### [About this exercise]
From the data below, return all lines holding the string "insert".

### [Given information]
-- ===== src/Tests/Sessions.antt =====
-- internal/application/session_service.go and its stores, at concrete inputs.
use my_pol_go_backend.Prelude.{ℕ, min, none, some, [], ◌∷◌, ◌≡◌, refl, arith}
use my_pol_go_backend.Prelude.Dict.{lookup, insert, delete, delete_where}
use my_pol_go_backend.Session.{
  CanvasSession, session_not_found, save, get, delete_session, delete_by_user_and_note,
}
use my_pol_go_backend.Session.Tickets.{
  ConnectionTicket, is_expired, redeemed, not_found, issue, consume, sweep_expired,
  delete_by_session,
}
use my_pol_go_backend.Session.Tickets.SingleUse.{issues, sweeps, revokes, step, run, consume_once}
use my_pol_go_backend.Session.Service.{
  CanvasClaims, SessionService, ok, err, session_of, ticket_of, bootstrap, issue_ticket,
  permission_rank, refreshed, refresh_read, refresh_write, refresh_session, consume_ticket,
  revoke_session, revoke_user_from_note,
}
use my_pol_go_backend.Session.Service.Refresh.{refresh_never_escalates}
use my_pol_go_backend.Session.Service.Revocation.{
  revoke_user_leaves_tickets, refresh_over_revocation, bootstrap_then_consume,
}

-- What a run of the session code computes with.
session_runs : ℕ
unfolding lookup insert delete delete_where save get delete_session delete_by_user_and_note
    is_expired issue consume sweep_expired delete_by_session step run session_of ticket_of bootstrap
    issue_ticket permission_rank refreshed refresh_read refresh_write refresh_session consume_ticket
    revoke_session revoke_user_from_note
session_runs = 0

abbrev claims : CanvasClaims
claims = record {
  session_id = "s1";
  user_id = "u1";
  note_id = "n1";
  permission = "edit";
  token_id = "t1";
  expires_at = 1000;
}

abbrev fresh : SessionService
fresh = record { sessions = []; tickets = []; ticket_ttl = 30 }

abbrev live : SessionService
live = (bootstrap (some claims) (some "tk") 10 fresh).1

abbrev session : CanvasSession
session = session_of claims 10

abbrev ticket : ConnectionTicket
ticket = ticket_of session "tk" 30 10

bootstrap_then_consume_example :
    ((bootstrap (some claims) (some "tk") 10 fresh).0 ≡ ok (session, ticket))
    × (lookup "s1" live.sessions ≡ some session)
    × ((consume_ticket "tk" 20 live).0 ≡ redeemed ticket)
    × ((consume_ticket "tk" 20 (consume_ticket "tk" 20 live).1).0 ≡ not_found)
unfolding session_runs
bootstrap_then_consume_example =
    bootstrap_then_consume claims "tk" 10 20 fresh refl refl (omega arith)

consume_once_example :
    (consume "tk" 21 (
      run
        (consume "tk" 20 live.tickets).1
        (issues (some (record ticket { value = "other" })) ∷ sweeps 20 ∷ revokes "s2" ∷ []))).0
    ≡ not_found
unfolding session_runs
consume_once_example =
    consume_once "tk" 20 21 live.tickets
      (issues (some (record ticket { value = "other" })) ∷ sweeps 20 ∷ revokes "s2" ∷ []) (refl, tt)
      (refl, tt)

-- An owner's token cannot raise an editor's session.
abbrev owner_claims : CanvasClaims
owner_claims = record claims { permission = "owner"; token_id = "t2"; expires_at = 2000 }

abbrev extended : CanvasSession
extended = record session { token_jti = "t2"; expires_at = 2000; last_seen_at = 50 }

refresh_never_escalates_example :
    (extended.id ≡ session.id)
    × (extended.user_id ≡ session.user_id)
    × (extended.note_id ≡ session.note_id)
    × (owner_claims.session_id ≡ session.id)
    × (owner_claims.user_id ≡ session.user_id)
    × (owner_claims.note_id ≡ session.note_id)
    × (extended.expires_at ≡ owner_claims.expires_at)
    × (extended.last_seen_at ≡ 50)
    × (permission_rank extended.permission
        ≡ min (permission_rank session.permission) (permission_rank owner_claims.permission))
    × (lookup session.id (refresh_session "s1" (some owner_claims) 50 live.sessions).1
        ≡ some extended)
unfolding session_runs
refresh_never_escalates_example =
    refresh_never_escalates "s1" owner_claims 50 live.sessions session extended refl refl

-- The user's session is gone, and the ticket still opens a connection.
revoke_user_leaves_tickets_example :
    (lookup "s1" (revoke_user_from_note "n1" "u1" live).1.sessions ≡ none)
    × ((consume_ticket "tk" 20 (revoke_user_from_note "n1" "u1" live).1).0 ≡ redeemed ticket)
unfolding session_runs
revoke_user_leaves_tickets_example =
    revoke_user_leaves_tickets "n1" "u1" "s1" "tk" 20 live refl refl (refl, tt)

refresh_over_revocation_example :
    (lookup "s1" (revoke_session "s1" live).1.sessions ≡ none)
    × ((refresh_session "s1" (some owner_claims) 50 (revoke_session "s1" live).1.sessions).0
        ≡ err session_not_found)
    × ((refresh_write
          (refresh_read "s1" (some owner_claims) 50 live.sessions)
          (revoke_session "s1" live).1.sessions).0
        ≡ ok extended)
    × (lookup "s1"
          (refresh_write
            (refresh_read "s1" (some owner_claims) 50 live.sessions)
            (revoke_session "s1" live).1.sessions).1
        ≡ some extended)
unfolding session_runs
refresh_over_revocation_example =
    refresh_over_revocation "s1" owner_claims 50 live extended refl refl
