-- ===== src/Transport.antt =====
-- internal/transport: the buffers before a connection's writer.
pub mod Queues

### [Answer space]
use my_pol_go_backend.Prelude.Dict.{lookup, insert, delete, delete_where}
unfolding lookup insert delete delete_where save get delete_session delete_by_user_and_note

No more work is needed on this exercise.